◆ **Recorded data**:

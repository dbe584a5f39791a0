-- ===== src/Catalog/Legacy.antt =====
-- Hand-written entries beside the generated ones: `_normalise_client`, `_item_key`,
-- `_non_shadowed_legacy` and `_legacy_mismatches`.
pub mod Laws
use homecluster_infra.Base.{
  String, Bool, true, false, not, Option, none, some, List, [], ◌∷◌, ◌++◌, ◌==◌, string_eq,
  contains, sort, if◌then◌else◌,
}
use homecluster_infra.Value.{
  Value, str, list, dict, of_texts, Fields, end, field, lookup, set, get, value_eq,
}
use homecluster_infra.Catalog.Scalars.{clean_string}

normalise_onto : Fields → Fields → List String → Fields
normalise_onto result client [] = result
normalise_onto result client (f ∷ fields) =
    normalise_onto (elim (lookup f client) [ none ↦ result | some v ↦ set f v result ]) client
      fields

-- `{field: client.get(field) for field in fields if field in client}`
unfoldable pub normalise_client : Fields → List String → Fields
unfolding normalise_onto
normalise_client client fields = normalise_onto end client fields

unfoldable pub item_key : Fields → List String → String
item_key item [] = ""
item_key item (key ∷ keys) =
    let value = clean_string (get key item) in
    let rest = item_key item keys in if not (value == "") then value else rest

-- The keys of the generated items, without the empty one.
unfoldable pub generated_keys : List Fields → List String → List String
generated_keys [] keys = []
generated_keys (item ∷ items) keys =
    let more = generated_keys items keys in
    if item_key item keys == "" then more else item_key item keys ∷ more

unfoldable pub non_shadowed_legacy : List Fields → List Fields → List String → List Fields
unfolding generated_keys
non_shadowed_legacy [] generated keys = []
non_shadowed_legacy (item ∷ items) generated keys =
    let more = non_shadowed_legacy items generated keys in
    if contains (generated_keys generated keys) (item_key item keys) then more else item ∷ more

-- `legacy_by_key.get(item_key)`: of several items with one key the last is in the dict, and an item
-- without a key is not.
unfoldable pub legacy_by_key : List Fields → List String → String → Option Fields
legacy_by_key [] keys k = none
legacy_by_key (item ∷ items) keys k = elim (legacy_by_key items keys k) [
  | some found ↦ some found
  | none ↦
      if not (item_key item keys == "")
      then (if item_key item keys == k then some item else none)
      else none
]

-- `[field for field in fields if generated.get(field) != legacy.get(field)]`
unfoldable pub differing_fields : List String → Fields → Fields → List String
differing_fields [] generated legacy = []
differing_fields (f ∷ fields) generated legacy =
    let more = differing_fields fields generated legacy in
    if value_eq (get f generated) (get f legacy) then more else f ∷ more

abbrev pub mismatch_of : String → List String → Value
mismatch_of key fields = dict (field "key" (str key) (field "fields" (list (of_texts fields)) end))

-- The body of the loop over the generated items: what it appends.
unfoldable pub item_mismatches : List Fields → Fields → List String → List String → List Value
unfolding legacy_by_key normalise_client
item_mismatches legacy_items generated fields keys =
    let key = item_key generated keys in
    elim (legacy_by_key legacy_items keys key) [
      | none ↦ []
      | some legacy ↦
          let generated_norm = normalise_client generated fields in
          let legacy_norm = normalise_client legacy fields in
          if value_eq (dict generated_norm) (dict legacy_norm)
          then []
          else mismatch_of key (sort (differing_fields fields generated_norm legacy_norm)) ∷ []
    ]

unfoldable pub legacy_mismatches :
    List Fields → List Fields → List String → List String → List Value
unfolding item_mismatches
legacy_mismatches legacy_items [] fields keys = []
legacy_mismatches legacy_items (generated ∷ items) fields keys =
    item_mismatches legacy_items generated fields keys
    ++ legacy_mismatches legacy_items items fields keys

◆ **Work request**: The listing above must be written out again in its entirety, exactly as given.

◆ **Answer box**:
repository dbe584a5f39791a0
-- ===== src/Catalog/Legacy.antt =====
-- Hand-written entries beside the generated ones: `_normalise_client`, `_item_key`,
-- `_non_shadowed_legacy` and `_legacy_mismatches`.
pub mod Laws
use homecluster_infra.Base.{
  String, Bool, true, false, not, Option, none, some, List, [], ◌∷◌, ◌++◌, ◌==◌, string_eq,
  contains, sort, if◌then◌else◌,
}
use homecluster_infra.Value.{
  Value, str, list, dict, of_texts, Fields, end, field, lookup, set, get, value_eq,
}
use homecluster_infra.Catalog.Scalars.{clean_string}

normalise_onto : Fields → Fields → List String → Fields
normalise_onto result client [] = result
normalise_onto result client (f ∷ fields) =
    normalise_onto (elim (lookup f client) [ none ↦ result | some v ↦ set f v result ]) client
      fields

-- `{field: client.get(field) for field in fields if field in client}`
unfoldable pub normalise_client : Fields → List String → Fields
unfolding normalise_onto
normalise_client client fields = normalise_onto end client fields

unfoldable pub item_key : Fields → List String → String
item_key item [] = ""
item_key item (key ∷ keys) =
    let value = clean_string (get key item) in
    let rest = item_key item keys in if not (value == "") then value else rest

-- The keys of the generated items, without the empty one.
unfoldable pub generated_keys : List Fields → List String → List String
generated_keys [] keys = []
generated_keys (item ∷ items) keys =
    let more = generated_keys items keys in
    if item_key item keys == "" then more else item_key item keys ∷ more

unfoldable pub non_shadowed_legacy : List Fields → List Fields → List String → List Fields
unfolding generated_keys
non_shadowed_legacy [] generated keys = []
non_shadowed_legacy (item ∷ items) generated keys =
    let more = non_shadowed_legacy items generated keys in
    if contains (generated_keys generated keys) (item_key item keys) then more else item ∷ more

-- `legacy_by_key.get(item_key)`: of several items with one key the last is in the dict, and an item
-- without a key is not.
unfoldable pub legacy_by_key : List Fields → List String → String → Option Fields
legacy_by_key [] keys k = none
legacy_by_key (item ∷ items) keys k = elim (legacy_by_key items keys k) [
  | some found ↦ some found
  | none ↦
      if not (item_key item keys == "")
      then (if item_key item keys == k then some item else none)
      else none
]

-- `[field for field in fields if generated.get(field) != legacy.get(field)]`
unfoldable pub differing_fields : List String → Fields → Fields → List String
differing_fields [] generated legacy = []
differing_fields (f ∷ fields) generated legacy =
    let more = differing_fields fields generated legacy in
    if value_eq (get f generated) (get f legacy) then more else f ∷ more

abbrev pub mismatch_of : String → List String → Value
mismatch_of key fields = dict (field "key" (str key) (field "fields" (list (of_texts fields)) end))

-- The body of the loop over the generated items: what it appends.
unfoldable pub item_mismatches : List Fields → Fields → List String → List String → List Value
unfolding legacy_by_key normalise_client
item_mismatches legacy_items generated fields keys =
    let key = item_key generated keys in
    elim (legacy_by_key legacy_items keys key) [
      | none ↦ []
      | some legacy ↦
          let generated_norm = normalise_client generated fields in
          let legacy_norm = normalise_client legacy fields in
          if value_eq (dict generated_norm) (dict legacy_norm)
          then []
          else mismatch_of key (sort (differing_fields fields generated_norm legacy_norm)) ∷ []
    ]

unfoldable pub legacy_mismatches :
    List Fields → List Fields → List String → List String → List Value
unfolding item_mismatches
legacy_mismatches legacy_items [] fields keys = []
legacy_mismatches legacy_items (generated ∷ items) fields keys =
    item_mismatches legacy_items generated fields keys
    ++ legacy_mismatches legacy_items items fields keys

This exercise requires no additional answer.